The new movie, Steve
Jobs, contains scenes describing events that didn’t happen, such as a
meeting Jobs had with John Sculley, the man who fired him from Apple. This imagined
encounter occurs years after the firing, and allows Jobs, who has now made it
big with his new company, to achieve what every audience insists on: closure.
The film’s writer, Aaron Sorkin, defends this and other purely
imagined scenes by saying the movie is “a
painting instead of a photograph.”
Unapologetic tinkering with history is something of a recent
trend in film. For example, Selma director
Ava Duvernay and Zero Dark Thirty director
Kathryn Bigelow recast the past in order to create more emotionally satisfying
cinema.
The folks in Hollywood know what they’re doing. The fact
that Jobs never got to personally thumb his nose at Sculley is frustrating, a
circle left unclosed. Audiences hate that.

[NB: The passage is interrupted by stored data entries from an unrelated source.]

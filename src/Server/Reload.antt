-- ===== src/Server/Reload.antt =====
-- loadGraph, reattachOrphansToRoot and loadOrgChartFile of internal/server/server.go: the chart in
-- memory is built again from rows that stand in any order.
pub mod Rebuild
pub mod Rounds
use robotdreams.Base.{ℕ, zero, suc, List, [], ◌∷◌, map, length, ok, err, if◌then◌else◌, ◌==◌}
use robotdreams.Orgchart.Graph.{Worker, Error, Graph, add_worker, parent_not_found, with_parent}
use robotdreams.Orgchart.Graph
use robotdreams.Server.State.{
  World, M, ◌>>=◌, ◌>>◌, pure, raise, gets, edit, upsert_worker, chart, endless,
}

-- A worker whose parent is not there yet is put off; any other error ends the round.
unfoldable pub deferring : Error → Worker → M (List Worker) → M (List Worker)
deferring Graph.parent_not_found v rest = rest >>= λ deferred. pure (v ∷ deferred)
deferring Graph.not_found v rest = raise (chart Graph.not_found)
deferring Graph.duplicate_worker v rest = raise (chart Graph.duplicate_worker)
deferring Graph.cycle v rest = raise (chart Graph.cycle)
deferring Graph.invalid_worker v rest = raise (chart Graph.invalid_worker)

-- One round: what finds its parent is added, what does not is put off.
unfoldable pub add_round : List Worker → M (List Worker)
unfolding deferring
add_round [] s = pure [] s
add_round (v ∷ rest) s = elim (add_worker s.graph v) [
  | ok g ↦ add_round rest (record s { graph = g })
  | err e ↦ deferring e v (add_round rest) s
]

module _ (w : World) where
  unfoldable pub reattach_orphans_to_root : List Worker → M (Unit {0})
  reattach_orphans_to_root [] = pure tt
  reattach_orphans_to_root (v ∷ rest) = do
    edit (λ g. add_worker g (with_parent v []))
    upsert_worker w (with_parent v [])
    reattach_orphans_to_root rest

  -- The rounds; each but the last puts off fewer than it was given.
  unfoldable pub reload : ℕ → List Worker → M (Unit {0})
  reload zero pending = raise endless
  reload (suc fuel) [] = pure tt
  reload (suc fuel) (v ∷ rest) = do
    deferred ← add_round (v ∷ rest)
    if length deferred == length (v ∷ rest)
        then reattach_orphans_to_root deferred
        else reload fuel deferred

  -- One round over the workers of a chart file, each stored as it is added.
  unfoldable pub declare_round : List Worker → M (List Worker)
  unfolding deferring
  declare_round [] s = pure [] s
  declare_round (v ∷ rest) s = elim (add_worker s.graph v) [
    | ok g ↦ (upsert_worker w v >> declare_round rest) (record s { graph = g })
    | err e ↦ deferring e v (declare_round rest) s
  ]

  -- A round that puts everything off has made no progress.
  unfoldable pub declare : ℕ → List Worker → M (Unit {0})
  declare zero pending = raise endless
  declare (suc fuel) [] = pure tt
  declare (suc fuel) (v ∷ rest) = do
    deferred ← declare_round (v ∷ rest)
    if length deferred == length (v ∷ rest)
        then raise (chart parent_not_found)
        else declare fuel deferred

  -- `declared` is the file's workers, which are read only where the store has none.
  unfoldable pub load_graph : List Worker → M (Unit {0})
  load_graph declared = do
    rows ← gets (λ s. map (λ e. e.1) s.rows)
    if length rows == 0
        then declare (suc (length declared)) declared
        else reload (suc (length rows)) rows
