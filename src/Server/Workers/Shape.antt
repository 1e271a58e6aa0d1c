-- ===== src/Server/Workers/Shape.antt =====
-- The chart stays a forest under the operations of internal/server/server.go on one worker, whichever
-- calls of the store and of the messaging backend fail.
use robotdreams.Base.{
  ap, ◌∙◌, ◌≡◌, Text, Bool, not, Option, some, Result, ok, arith, Result-cases, Option-cases, inl,
  inr, eqb,
}
use robotdreams.Orgchart.Graph.{Graph, Worker, Error, add_worker, reassign, set_role}
use robotdreams.Orgchart.Graph
use robotdreams.Orgchart.Graph.Forest.{IsForest}
use robotdreams.Orgchart.Graph.Edits.{add_worker-IsForest, reassign-IsForest, set_role-IsForest}
use robotdreams.Auth.Delegation.{validate_worker_id}
use robotdreams.Server.State.{Server, World, read, edit, edit_climbing, upsert_worker}
use robotdreams.Server.Keeps.{Keeps, Keeps-then, Keeps-pure, Keeps-raise, Keeps-read, Keeps-if}
use robotdreams.Server.Workers.Notices.{Keeps-announce}
use robotdreams.Server.Workers.{may_edit, filled, connect_worker, reassign_worker, set_worker_role}

-- The chart in memory is a forest of registered workers.
abbrev pub InForm : Server → Type 0
InForm s = IsForest s.graph

pub Keeps-edit :
    (f : Graph → Result Error Graph)
    → ((g g' : Graph) → IsForest g → f g ≡ ok g' → IsForest g')
    → Keeps InForm (edit f)
unfolding edit
Keeps-edit f h s p = elim (Result-cases (f s.graph)) [
  | inl (g, e) ↦ rw (e, edit) (h s.graph g p e)
  | inr (e, q) ↦ rw (q, edit) p
]

pub Keeps-edit_climbing :
    (f : Graph → Option (Result Error Graph))
    → ((g g' : Graph) → IsForest g → f g ≡ some (ok g') → IsForest g')
    → Keeps InForm (edit_climbing f)
unfolding edit_climbing
Keeps-edit_climbing f h s p = elim (Option-cases (f s.graph)) [
  | inl e ↦ rw (e, edit_climbing) p
  | inr (r, e) ↦ elim (Result-cases r) [
    | inl (g, q) ↦ rw (e, q, edit_climbing) (h s.graph g p (e ∙ ap some q))
    | inr (x, q) ↦ rw (e, q, edit_climbing) p
  ]
]

module _ (w : World) where
  pub Keeps-upsert_worker : (v : Worker) → Keeps InForm (upsert_worker w v)
  unfolding upsert_worker
  Keeps-upsert_worker v s p = ground arith

  -- Connecting a worker keeps the chart a forest.
  pub connect_worker-IsForest :
      (v : Worker) (reported : Bool) (s : Server)
      → IsForest s.graph
      → IsForest (connect_worker w v reported s).1.graph
  unfolding connect_worker
  connect_worker-IsForest v reported =
      Keeps-if InForm (validate_worker_id v.id) _ _
        (Keeps-then InForm (edit (λ g. add_worker g (filled w v reported))) _
          (Keeps-edit _ (λ g g' f. add_worker-IsForest f (filled w v reported) g'))
          (λ _. Keeps-upsert_worker (filled w v reported)))
        (Keeps-raise InForm _ _)

  -- Moving a worker keeps the chart a forest, whichever calls fail and whatever is answered.
  pub reassign_worker-IsForest :
      (worker_id new_parent caller : Text) (admin : Bool) (s : Server)
      → IsForest s.graph
      → IsForest (reassign_worker w worker_id new_parent caller admin s).1.graph
  unfolding reassign_worker
  reassign_worker-IsForest worker_id new_parent caller admin =
      Keeps-then InForm (read (λ g. Graph.get g worker_id)) _ (Keeps-read InForm _) (λ current.
        Keeps-if InForm (not (may_edit current worker_id caller admin)) _ _ (Keeps-raise InForm _ _)
          (Keeps-then InForm (edit_climbing (λ g. reassign g worker_id new_parent)) _
            (Keeps-edit_climbing _ (λ g g' f. reassign-IsForest f worker_id new_parent g'))
            (λ _.
              Keeps-then InForm (read (λ g. Graph.get g worker_id)) _ (Keeps-read InForm _)
                (λ updated.
                  Keeps-then InForm (upsert_worker w updated) _ (Keeps-upsert_worker updated)
                    (λ _. Keeps-announce InForm (λ s n p. p) (λ s es p. p) w _ _ _)))))

  -- Changing a role keeps the chart a forest.
  pub set_worker_role-IsForest :
      (worker_id role caller : Text) (admin : Bool) (s : Server)
      → IsForest s.graph
      → IsForest (set_worker_role w worker_id role caller admin s).1.graph
  unfolding set_worker_role
  set_worker_role-IsForest worker_id role caller admin =
      Keeps-then InForm (read (λ g. Graph.get g worker_id)) _ (Keeps-read InForm _) (λ current.
        Keeps-if InForm (not (may_edit current worker_id caller admin)) _ _ (Keeps-raise InForm _ _)
          (Keeps-if InForm (eqb current.role role) _ _ (Keeps-pure InForm tt) (
            Keeps-then InForm (edit (λ g. set_role g worker_id role)) _
              (Keeps-edit _ (λ g g' f. set_role-IsForest f worker_id role g'))
              (λ _.
                Keeps-then InForm (read (λ g. Graph.get g worker_id)) _ (Keeps-read InForm _)
                  (λ updated.
                    Keeps-then InForm (upsert_worker w updated) _ (Keeps-upsert_worker updated)
                      (λ _. Keeps-announce InForm (λ s n p. p) (λ s es p. p) w _ _ _))))))
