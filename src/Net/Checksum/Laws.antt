-- ===== src/Net/Checksum/Laws.antt =====
-- The Internet checksum: together with it the words add up to a multiple of 65535.
use obsidian_kernel.Base.{
  ℕ, zero, suc, ◌+◌, ◌-◌, ◌*◌, ◌/◌, ◌%◌, ◌^◌, ◌≤◌, ◌<◌, ◌==◌, List, [], ◌∷◌, if◌then◌else◌, ◌≡◌,
  refl, u32, length, bit_or, bit_or_join, bit_and_mask, arith, AreBytes,
}
use obsidian_kernel.Net.Checksum.{sum_pairs, sum_last, fold_carries, inet_csum}

-- The sum of the big-endian 16-bit words, a last byte alone being the high byte of a word.
unfoldable pub words_sum : List ℕ → ℕ
words_sum [] = 0
words_sum (a ∷ []) = a * 256
words_sum (a ∷ b ∷ p) = a * 256 + b + words_sum p

pub sum_pairs-even :
    (p : List ℕ) (acc : ℕ)
    → AreBytes p
    → length p % 2 ≡ 0
    → acc + words_sum p < 2 ^ 32
    → sum_pairs p acc ≡ acc + words_sum p
unfolding sum_pairs words_sum
sum_pairs-even [] acc b e h = omega arith
sum_pairs-even (x ∷ []) acc b e h = absurd (omega (arith, e))
sum_pairs-even (x ∷ y ∷ p) acc b e h =
    let pair : u32 (acc + bit_or (x * 256) y) ≡ acc + (x * 256 + y) =
      omega (arith, bit_or_join 8 x y b.1.0) in
    rw pair
      (omega (arith, sum_pairs-even p (acc + (x * 256 + y)) b.1.1 (omega (arith, e)) (omega arith)))

-- The pairs, and then a last byte alone.
pub sum_last-sum_pairs :
    (p : List ℕ) (acc : ℕ)
    → AreBytes p
    → acc + words_sum p < 2 ^ 32
    → sum_last p (sum_pairs p acc) ≡ acc + words_sum p
unfolding sum_pairs sum_last words_sum
sum_last-sum_pairs [] acc b h = omega arith
sum_last-sum_pairs (x ∷ []) acc b h = omega arith
sum_last-sum_pairs (x ∷ y ∷ p) acc b h =
    let pair : u32 (acc + bit_or (x * 256) y) ≡ acc + (x * 256 + y) =
      omega (arith, bit_or_join 8 x y b.1.0) in
    rw pair (omega (arith, sum_last-sum_pairs p (acc + (x * 256 + y)) b.1.1 (omega arith)))

fold_small : (k s : ℕ) → s < 2 ^ 16 → fold_carries k s ≡ s
unfolding fold_carries
fold_small zero s h = refl
fold_small (suc k) s h = ground arith

fold_round :
    (k s : ℕ)
    → fold_carries (suc k) s
      ≡ (if s / 2 ^ 16 == 0 then s else fold_carries k (s % 2 ^ 16 + s / 2 ^ 16))
unfolding fold_carries
fold_round k s = rw (bit_and_mask 16 s) refl

-- A round keeps the remainder by 65535.
fold_twice :
    (s : ℕ) → s < 131071 → (fold_carries 2 s < 2 ^ 16) × (fold_carries 2 s % 65535 ≡ s % 65535)
fold_twice s h = rw (fold_round 1 s) (ground (arith, fold_small 1 (s % 2 ^ 16 + s / 2 ^ 16)))

-- Three rounds leave 16 bits, and the same remainder by 65535.
pub fold_carries_lem :
    (s : ℕ) → s < 2 ^ 32 → (fold_carries 3 s < 2 ^ 16) × (fold_carries 3 s % 65535 ≡ s % 65535)
fold_carries_lem s h = rw (fold_round 2 s) (ground (arith, fold_twice (s % 2 ^ 16 + s / 2 ^ 16)))

-- The words of 65535 bytes at most add up to less than 2^31.
pub words_sum_bound : (p : List ℕ) → AreBytes p → words_sum p ≤ length p * 65280
unfolding words_sum
words_sum_bound [] b = omega arith
words_sum_bound (x ∷ []) b = omega arith
words_sum_bound (x ∷ y ∷ p) b = omega (arith, words_sum_bound p b.1.1)

-- For bytes and a pseudo header of an even number of bytes, both below 2^15 in number, the words and
-- the checksum of `inet_csum` add up to a multiple of 65535, and the checksum has 16 bits.
pub inet_csum-words_sum :
    (p q : List ℕ)
    → AreBytes p
    → AreBytes q
    → length q % 2 ≡ 0
    → length p < 2 ^ 15
    → length q < 2 ^ 15
    → ((words_sum p + words_sum q + inet_csum p q) % 65535 ≡ 0) × (inet_csum p q < 2 ^ 16)
unfolding inet_csum
inet_csum-words_sum p q b c e h k =
    let total = words_sum p + words_sum q in
    let small : total < 2 ^ 32 = omega (arith, words_sum_bound p b, words_sum_bound q c) in
    let pseudo = sum_pairs-even q 0 c e (omega arith) in
    let whole = sum_last-sum_pairs p (0 + words_sum q) b (omega arith) in
    let folded = fold_carries_lem (0 + words_sum q + words_sum p) (omega arith) in
    let r = fold_carries 3 (0 + words_sum q + words_sum p) in
    rw (pseudo, whole) (omega (arith, folded, bit_and_mask 16 (2 ^ 32 - 1 - r)))
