-- ===== src/Net/Run.antt =====
-- What a call of the stack comes to: a result, a write past the end of a buffer on the C stack, or
-- work that goes on when the fuel is used up.
pub data Run {ℓ} (A : Type ℓ) : Type ℓ where
  done : A → Run A
  overrun : Run A
  unfinished : Run A

infixl 5 ◌>>=◌
abbrev pub ◌>>=◌ {ℓ κ} : {A : Type ℓ} {B : Type κ} → Run A → (A → Run B) → Run B
done a >>= f = f a
overrun >>= f = overrun
unfinished >>= f = unfinished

By inventing a meeting, Sorkin certainly makes a better
story. And he asserts it’s actually a good thing if a film about the past isn’t
accurate.
This is
the difference between...journalism and art," Sorkin said.
Journalists "have an obligation to be objective. I have an obligation to
be subjective. There are stories there that should be written about.
In passing, I’ll observe that one event Mr. Sorkin will want
to creatively reimagine is how Jobs would have reacted to his film.